# Cube Nutrail Hybrid 500



## Kikinki (Oct 21, 2018)

Hey folks,

someone riding the Cube Nutrail Hybrid 500 who can give me some experience ?


----------



## tyriverag (Jan 22, 2014)

super sick fat bike with the slackest steep headtube angles for max gnar. i have one with 27.5 rigid bluto. love it.


----------



## dbhammercycle (Nov 15, 2011)

Hey Mods, wanna move this to the e-bike forum?


----------



## JackWare (Aug 8, 2016)

tyriverag said:


> i have one with 27.5 rigid bluto. love it.

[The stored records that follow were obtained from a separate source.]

-- ===== src/Sync/Atomic/Laws.antt =====
-- The atomics of src/sync_primitives.rs through different handles of one entry.
use mux_runtime.Common.{
  ℕ, ◌≡◌, ◌≢◌, refl, ap, ◌∙◌, arith, Bool, true, false, if◌then◌else◌, some, ok,
}
use mux_runtime.Common.Int.{ℤ, eqb_ℤ}
use mux_runtime.Sync.Handles.{
  Handle, handle_id, Counted, Registry, entry_of, found_or_closed, write_found, update,
}
use mux_runtime.Sync.Atomic.{
  on_entry, applied, exchange, atomic_int_compare_exchange, atomic_int_load, cancellation_cancel,
  cancellation_is_cancelled,
}

update_self : {B : Type 0} (f : ℕ → B) (i : ℕ) (b : B) → update f i b i ≡ b
update_self f i b = ground arith

update_ne : {B : Type 0} (f : ℕ → B) (i j : ℕ) (b : B) → j ≢ i → update f i b j ≡ f j
update_ne f i j b h = ground arith

module _ {A B : Type 0} (op : A → A × B) (h k : Handle) (r : Registry A) (id : ℕ)
    (e : Counted A) where
  -- the table after an operation through `h`
  on_entry_lem :
      handle_id h ≡ ok id
      → r.entries id ≡ some e
      → on_entry op h r ≡ (
        record r { entries = update r.entries id (some (record e { value = (op e.value).0 })) },
        ok (op e.value).1,
      )
  unfolding on_entry applied write_found
  on_entry_lem p q = rw (p, on_entry) (rw (q, applied) refl)

  -- What an operation through one handle leaves is what another handle of the entry finds.
  entry_of-on_entry :
      handle_id h ≡ ok id
      → handle_id k ≡ ok id
      → r.entries id ≡ some e
      → entry_of k (on_entry op h r).0 ≡ ok (op e.value).0
  unfolding entry_of found_or_closed
  entry_of-on_entry p p' q =
      ap (λ z. entry_of k z.0) (on_entry_lem p q)
      ∙ rw (p', entry_of) (rw (update_self r.entries id) refl)

  entries-on_entry :
      handle_id h ≡ ok id
      → r.entries id ≡ some e
      → (on_entry op h r).0.entries id ≡ some (record e { value = (op e.value).0 })
  entries-on_entry p q = ap (λ z. z.0.entries id) (on_entry_lem p q) ∙ update_self r.entries id _

eqb_refl : (a : ℤ) → eqb_ℤ a a ≡ true
eqb_refl a = ground arith

-- Two compare-exchanges of one atomic integer that expect the same value, through any handles of it:
-- when the first finds that value and writes another, the second finds what the first wrote, leaves it,
-- and a load through either handle shows it.
pub compare_exchange-once :
    (h k : Handle) (r : Registry ℤ) (id : ℕ) (e : Counted ℤ) (a b : ℤ)
    → handle_id h ≡ ok id
    → handle_id k ≡ ok id
    → r.entries id ≡ some e
    → eqb_ℤ a e.value ≡ false
    → let r1 = (atomic_int_compare_exchange h e.value a r).0 in
      ((atomic_int_compare_exchange h e.value a r).1 ≡ ok e.value)
      × ((atomic_int_compare_exchange k e.value b r1).1 ≡ ok a)
      × (atomic_int_load h (atomic_int_compare_exchange k e.value b r1).0 ≡ ok a)
unfolding atomic_int_compare_exchange atomic_int_load
compare_exchange-once h k r id e a b p q l n =
    let first = exchange e.value a in
    let second = exchange e.value b in
    let r1 = (on_entry first h r).0 in
    let hit = ap (λ z. if z then a else e.value) (eqb_refl e.value) in
    let miss = ap (λ z. if z then b else a) n in
    let l1 = entries-on_entry first h k r id e p l ∙ ap (λ z. some (record e { value = z })) hit in
    (
      ap (λ z. z.1) (on_entry_lem first h k r id e p l),
      ap (λ z. z.1) (on_entry_lem second k h r1 id (record e { value = a }) q l1),
      entry_of-on_entry second k h r1 id (record e { value = a }) q p l1 ∙ ap ok miss,
    )

-- A cancellation through one handle of a token is seen through every handle of it.
pub cancel-seen :
    (h k : Handle) (r : Registry Bool) (id : ℕ) (e : Counted Bool)
    → handle_id h ≡ ok id
    → handle_id k ≡ ok id
    → r.entries id ≡ some e
    → cancellation_is_cancelled k (cancellation_cancel h r).0 ≡ ok true
unfolding cancellation_cancel cancellation_is_cancelled
cancel-seen h k r id e p q l = entry_of-on_entry (λ old. (true, tt)) h k r id e p q l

What's a 27.5 rigid bluto?


----------



## mohrgan (Sep 12, 2013)

Gotta like those 484mm chainstays!


----------



## dbhammercycle (Nov 15, 2011)

JackWare said:


> What's a 27.5 rigid bluto?


flippancy...


----------



## JackWare (Aug 8, 2016)

It's unstoppable in the right gear with decent pedals to ensure you keep your cadence up.
I've ordered a 14T sprocket from Miranda to replace the standard 16T, as I would prefer extra climbing ability rather than top speed as it's too easy to exceed the 15.5mph assisted limit on the flat.


----------



## Kikinki (Oct 21, 2018)

JackWare said:


> It's unstoppable in the right gear with decent pedals to ensure you keep your cadence up.
> I've ordered a 14T sprocket from Miranda to replace the standard 16T, as I would prefer extra climbing ability rather than top speed as it's too easy to exceed the 15.5mph assisted limit on the flat.
> 
> View attachment 1222286


Maan, it looks just...baaaam  .. I really love the looks of it. How many Miles can you go with the Battery? And what about riding without the E-support? Can you handle it or is it impossible due to the weight?


----------



## Kikinki (Oct 21, 2018)

dbhammercycle said:


> Hey Mods, wanna move this to the e-bike forum?


Thanks for moving it


----------



## JackWare (Aug 8, 2016)

If you can use the eco mode where possible and not ride flat out all the time,(which is easier said than done), I think 30miles of rough cross country with a fair amount of climbing is possible.
Because you can see the range, you can ride accordingly; you wouldn't drive a car flat out knowing you would run out of fuel before the next gas station would you?


----------